§ WORK INSTRUCTION
If a line of the records holds the word "throws", copy it out.

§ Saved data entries
++++
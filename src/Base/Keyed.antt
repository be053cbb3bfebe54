-- ===== src/Base/Keyed.antt =====
-- Statements on a table whose rows differ in a key: a WHERE on the key is a search for its row.
use mathlib.Core.Path.{◌≡◌, refl, sym, ◌∙◌, ap}
use mathlib.Core.Bool.{Bool, true, false}
use mathlib.Core.Logic.{◌≢◌, inl, inr}
use mathlib.Core.List.{List, [], ◌∷◌, map}
use mathlib.Core.Option.{some}
use native.Mathlib.Omega.{arith}
use p2p_server.Base.Tests.{Bool-cases}
use p2p_server.Base.Lists.{All}
use p2p_server.Base.Search.{find, modify, remove_first, keep}
use p2p_server.Base.Distinct.{Distinct}
use p2p_server.Base.Table.{update_where, delete_where}

-- `q` is the test for the key `k`.
pub record IsTest {A K : Type 0} (key : A → K) (k : K) (q : A → Bool) : Type 0 where
  pub sound : (x : A) → q x ≡ true → key x ≡ k
  pub complete : (x : A) → key x ≡ k → q x ≡ true

module _ {A K : Type 0} (key : A → K) where
  pub All-find :
      (P : K → Type 0) (p : A → Bool) (xs : List A) (c : A)
      → All P (map key xs)
      → find p xs ≡ some c
      → P (key c)
  unfolding find
  All-find P p [] c h e = absurd (cc)
  All-find P p (x ∷ xs) c h e = elim (Bool-cases (p x)) [
    | inl t ↦ let same_one : x ≡ c = ground (arith, e, t) in rw (← same_one) h.0
    | inr t ↦ All-find P p xs c h.1 (ground (arith, e, t))
  ]

  module _ (q : A → Bool) (k : K) (t : IsTest key k q) where
    differs : (x : A) → key x ≢ k → q x ≡ false
    differs x n = elim (Bool-cases (q x)) [ inl e ↦ absurd (n (t.sound x e)) | inr e ↦ e ]

    -- No row has the key.
    pub update_where-none :
        (f : A → A) (xs : List A) → All (λ j. j ≢ k) (map key xs) → update_where q f xs ≡ xs
    unfolding update_where
    update_where-none f [] h = refl
    update_where-none f (x ∷ xs) h = ground (arith, differs x h.0, update_where-none f xs h.1)

    pub delete_where-none : (xs : List A) → All (λ j. j ≢ k) (map key xs) → delete_where q xs ≡ xs
    unfolding keep
    delete_where-none [] h = refl
    delete_where-none (x ∷ xs) h = ground (arith, differs x h.0, delete_where-none xs h.1)

    -- A DELETE by key takes the row found.
    pub delete_where-remove_first :
        (xs : List A) → Distinct (map key xs) → delete_where q xs ≡ remove_first q xs
    unfolding keep remove_first
    delete_where-remove_first [] d = refl
    delete_where-remove_first (x ∷ xs) d = elim (Bool-cases (q x)) [
      | inl e ↦ ground (arith, e, delete_where-none xs (rw (t.sound x e) at d.0))
      | inr e ↦ ground (arith, e, delete_where-remove_first xs d.1)
    ]

    -- An UPDATE by the key of a row found writes that row.
    pub update_where-modify :
        (p : A → Bool) (f : A → A) (xs : List A) (c : A)
        → Distinct (map key xs)
        → find p xs ≡ some c
        → key c ≡ k
        → update_where q (λ _. f c) xs ≡ modify p f xs
    unfolding update_where modify find
    update_where-modify p f [] c d e h = refl
    update_where-modify p f (x ∷ xs) c d e h = elim (Bool-cases (p x)) [
      | inl s ↦
          let same_one : x ≡ c = ground (arith, e, s) in
          let here : key x ≡ k = ap key same_one ∙ h in
          ground (
            arith,
            s,
            same_one,
            t.complete x here,
            update_where-none (λ _. f c) xs (rw here at d.0),
          )
      | inr s ↦
          let later : find p xs ≡ some c = ground (arith, e, s) in
          let n : key c ≢ key x = All-find (λ j. j ≢ key x) p xs c d.0 later in
          ground
            (arith, s, differs x (λ z. n (h ∙ sym z)), update_where-modify p f xs c d.1 later h)
    ]

    -- An UPDATE by key writes the row found.
    pub update_where-modify_self :
        (f : A → A) (xs : List A) → Distinct (map key xs) → update_where q f xs ≡ modify q f xs
    unfolding update_where modify
    update_where-modify_self f [] d = refl
    update_where-modify_self f (x ∷ xs) d = elim (Bool-cases (q x)) [
      | inl e ↦ ground (arith, e, update_where-none f xs (rw (t.sound x e) at d.0))
      | inr e ↦ ground (arith, e, update_where-modify_self f xs d.1)
    ]

    -- A row found is also found by its key.
    pub find-key :
        (p : A → Bool) (xs : List A) (c : A)
        → Distinct (map key xs)
        → find p xs ≡ some c
        → key c ≡ k
        → find q xs ≡ some c
    unfolding find
    find-key p [] c d e h = absurd (cc)
    find-key p (x ∷ xs) c d e h = elim (Bool-cases (p x)) [
      | inl s ↦
          let same_one : x ≡ c = ground (arith, e, s) in
          ground (arith, same_one, t.complete x (ap key same_one ∙ h))
      | inr s ↦
          let later : find p xs ≡ some c = ground (arith, e, s) in
          let n : key c ≢ key x = All-find (λ j. j ≢ key x) p xs c d.0 later in
          ground (arith, differs x (λ z. n (h ∙ sym z)), find-key p xs c d.1 later h)
    ]
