-- ===== src/Js/Sequence.antt =====
-- How runs of a sequence and of a `try` end, by how the runs of their parts end.
use plissken.Base.{◌≡◌, refl, sym, ap, List, [], ◌∷◌, ◌++◌, append_assoc, append-nil, ◌∙◌}
use plissken.Js.Process.{
  Thrown, Result, ok, throw, Process, ended, print, call, send, try_catch, ◌>>=◌,
}
use plissken.Js.Run.{Event, Env, run}
use plissken.Js.Ensures.{Ensures, Returns, weaken}

module _ {W : Type 0} (env : Env W) where
  abbrev pub next : {A B : Type 0} → (A → Process B) → Result A → W → Result B
  next f (ok a) w = (run env (f a) w).result
  next f (throw e) w = throw e

  pub result-bind :
      {A B : Type 0} (f : A → Process B) (p : Process A) (w : W)
      → (run env (p >>= f) w).result ≡ next f (run env p w).result (run env p w).world
  unfolding run
  result-bind f (ended (ok a)) w = refl
  result-bind f (ended (throw e)) w = refl
  result-bind f (print l p) w = result-bind f p w
  result-bind f (call c k) w = let (r, v) = env.bindings c w in result-bind f (k r) v
  result-bind f (send q k) w = let (r, v) = env.http q w in result-bind f (k r) v

  abbrev pub caught : {A : Type 0} → (Thrown → Process A) → Result A → W → Result A
  caught h (ok a) w = ok a
  caught h (throw e) w = (run env (h e) w).result

  pub result-try_catch :
      {A : Type 0} (h : Thrown → Process A) (p : Process A) (w : W)
      → (run env (try_catch p h) w).result ≡ caught h (run env p w).result (run env p w).world
  unfolding run
  result-try_catch h (ended (ok a)) w = refl
  result-try_catch h (ended (throw e)) w = refl
  result-try_catch h (print l p) w = result-try_catch h p w
  result-try_catch h (call c k) w = let (r, v) = env.bindings c w in result-try_catch h (k r) v
  result-try_catch h (send q k) w = let (r, v) = env.http q w in result-try_catch h (k r) v

-- What is ensured of the events of a process holds of those that it adds to others.
module _ {A : Type 0} (Q : List Event → Result A → Type 0) (before : List Event) where
  abbrev pub Adds : List Event → Result A → Type 0
  Adds t r = (es : List Event) × (t ≡ before ++ es) × Q es r

  shift :
      (es t : List Event) (e : Event) → t ≡ before ++ es → t ++ e ∷ [] ≡ before ++ (es ++ e ∷ [])
  shift es t e h = ap (λ x. x ++ e ∷ []) h ∙ append_assoc before es (e ∷ [])

  frame : (p : Process A) (es t : List Event) → t ≡ before ++ es → Ensures Q es p → Ensures Adds t p
  frame (ended r) es t h q = (es, h, q)
  frame (print l p) es t h q = frame p _ _ (shift es t _ h) q
  frame (call c k) es t h q = λ r. frame (k r) _ _ (shift es t _ h) (q r)
  frame (send c k) es t h q = λ r. frame (k r) _ _ (shift es t _ h) (q r)

  pub Ensures-Adds : (p : Process A) → Ensures Q [] p → Ensures Adds before p
  Ensures-Adds p q = frame p [] before (sym (append-nil before)) q

module _ {A : Type 0} (P : List Event → A → Type 0) (before : List Event) where
  abbrev pub AddsTo : List Event → A → Type 0
  AddsTo t a = (es : List Event) × (t ≡ before ++ es) × P es a

  unpack : (t : List Event) (r : Result A) → Adds (Returns P) before t r → Returns AddsTo t r
  unpack t (ok a) h = h
  unpack t (throw e) h = tt

  -- A process whose returns are known, after other events.
  pub Ensures-AddsTo :
      (p : Process A) → Ensures (Returns P) [] p → Ensures (Returns AddsTo) before p
  Ensures-AddsTo p q = weaken _ _ p before unpack (Ensures-Adds (Returns P) before p q)

-- Nothing is claimed of the runs.
pub Ensures-any :
    {A : Type 0} (Q : List Event → Result A → Type 0) (p : Process A) (es : List Event)
    → ((t : List Event) (r : Result A) → Q t r)
    → Ensures Q es p
Ensures-any Q (ended r) es h = h es r
Ensures-any Q (print l p) es h = Ensures-any Q p _ h
Ensures-any Q (call c k) es h = λ r. Ensures-any Q (k r) _ h
Ensures-any Q (send c k) es h = λ r. Ensures-any Q (k r) _ h
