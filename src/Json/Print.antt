-- ===== src/Json/Print.antt =====
-- A value in a JavaScript template literal, `${v}`, and as a condition.
pub mod Digits
use plissken.Base.{
  ℕ, zero, suc, ◌+◌, ◌/◌, ◌%◌, Text, codes, text_eq, Bool, true, false, [], ◌∷◌, ◌++◌, ltb, Option,
  none, some, if◌then◌else◌,
}
use plissken.Json.{Json, null, bool, num, str, arr, obj, Items, nil, cons, field_of}

-- The decimal digits of a number, in front of `rest`. A number has at most as many digits as its
-- value plus one, which is the fuel given below.
digits_from : ℕ → ℕ → Text → Text
digits_from zero n rest = rest
digits_from (suc fuel) n rest =
    let here = (b'0' + n % 10) ∷ rest in
    let more = digits_from fuel (n / 10) here in if ltb n 10 then here else more

unfoldable pub decimal : ℕ → Text
unfolding digits_from
decimal n = digits_from (suc n) n []

abbrev pub bool_text : Bool → Text
bool_text b = if b then codes "true" else codes "false"

-- The fields of an object are never functions, so one that has a field `toString` of its own has no
-- text.
unfoldable pub object_string : Option Json → Option Text
object_string none = some (codes "[object Object]")
object_string (some v) = none

abbrev pub comma : Option Text → Option Text → Option Text
comma none t = none
comma (some s) none = none
comma (some s) (some t) = some (s ++ codes "," ++ t)

-- `none` where JavaScript throws a `TypeError`. An array is the texts of its items, joined by commas;
-- `null` is the empty text in it.
unfoldable mutual
  pub to_string : Json → Option Text
  to_string null = some (codes "null")
  to_string (bool b) = some (bool_text b)
  to_string (num n) = some n
  to_string (str s) = some s
  to_string (arr xs) = joined xs
  to_string (obj fs) = object_string (field_of (codes "toString") fs)

  pub item_text : Json → Option Text
  item_text null = some []
  item_text (bool b) = some (bool_text b)
  item_text (num n) = some n
  item_text (str s) = some s
  item_text (arr xs) = joined xs
  item_text (obj fs) = object_string (field_of (codes "toString") fs)

  pub joined : Items → Option Text
  joined nil = some []
  joined (cons v nil) = item_text v
  joined (cons v (cons w vs)) = comma (item_text v) (joined (cons w vs))

-- Whether a value counts as true: not `null`, `false`, 0 and the empty text.
unfoldable pub truthy : Json → Bool
truthy null = false
truthy (bool b) = b
truthy (num n) = if text_eq n (codes "0") then false else true
truthy (str []) = false
truthy (str (c ∷ s)) = true
truthy (arr xs) = true
truthy (obj fs) = true
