-- ===== src/Js/Template.antt =====
-- Values in template literals and in `Date.setTime`: both throw a `TypeError` for an object that has
-- no text, and so for `{"toString": 1}`.
use plissken.Base.{Text, none, some, ◌++◌}
use plissken.Json.{Json}
use plissken.Json.Print.{to_string}
use plissken.Js.Process.{Engine, Result, ok, throw, Thrown, type_error}

module _ (js : Engine) where
  -- `` `${before}${v}` ``, where `before` is a text.
  unfoldable pub template : Text → Json → Result Text
  template before v = elim (to_string v) [
    | some t ↦ ok (before ++ t)
    | none ↦ throw (type_error js.no_primitive)
  ]

  -- `d.setTime(v)` of a new `Date`, and then `d.toUTCString()`. `setTime` makes a number of `v`, and
  -- for that a text first.
  unfoldable pub time_text : Json → Result Text
  time_text v = elim (to_string v) [
    | some t ↦ ok (js.utc_string v)
    | none ↦ throw (type_error js.no_primitive)
  ]

-- What `throw new Error(t)` throws, and the like, where making the text `t` may throw before.
abbrev pub thrown_by : (Text → Thrown) → Result Text → Thrown
thrown_by f (ok t) = f t
thrown_by f (throw e) = e
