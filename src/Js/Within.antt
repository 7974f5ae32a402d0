-- ===== src/Js/Within.antt =====
-- Lists of events whose events all stand in another list.
use mathlib.Core.List.{Memᴰ}
use plissken.Base.{refl, List, [], ◌∷◌, ◌++◌}
use plissken.Js.Run.{Event}

-- Every event of the first list is in the second.
abbrev pub Within : List Event → List Event → Type 0
Within [] history = Unit
Within (e ∷ es) history = Memᴰ e history × Within es history

Memᴰ-append : {e : Event} (xs ys : List Event) → Memᴰ e xs → Memᴰ e (xs ++ ys)
Memᴰ-append [] ys m = elim m [ ]
Memᴰ-append (x ∷ xs) ys (Memᴰ.head p) = Memᴰ.head p
Memᴰ-append (x ∷ xs) ys (Memᴰ.tail m) = Memᴰ.tail (Memᴰ-append xs ys m)

Memᴰ_last : (xs : List Event) (e : Event) → Memᴰ e (xs ++ e ∷ [])
Memᴰ_last [] e = Memᴰ.head refl
Memᴰ_last (x ∷ xs) e = Memᴰ.tail (Memᴰ_last xs e)

pub Within-append : (es xs ys : List Event) → Within es xs → Within es (xs ++ ys)
Within-append [] xs ys h = tt
Within-append (e ∷ es) xs ys (m, h) = (Memᴰ-append xs ys m, Within-append es xs ys h)

-- One more event, of both.
pub Within-grow :
    (es history : List Event) (e : Event)
    → Within es history
    → Within (es ++ e ∷ []) (history ++ e ∷ [])
Within-grow [] history e h = (Memᴰ_last history e, tt)
Within-grow (x ∷ es) history e (m, h) = (Memᴰ-append history _ m, Within-grow es history e h)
++++
§ ANSWER SPACE
-- `none` where JavaScript throws a `TypeError`. An array is the texts of its items, joined by commas;
-- What `throw new Error(t)` throws, and the like, where making the text `t` may throw before.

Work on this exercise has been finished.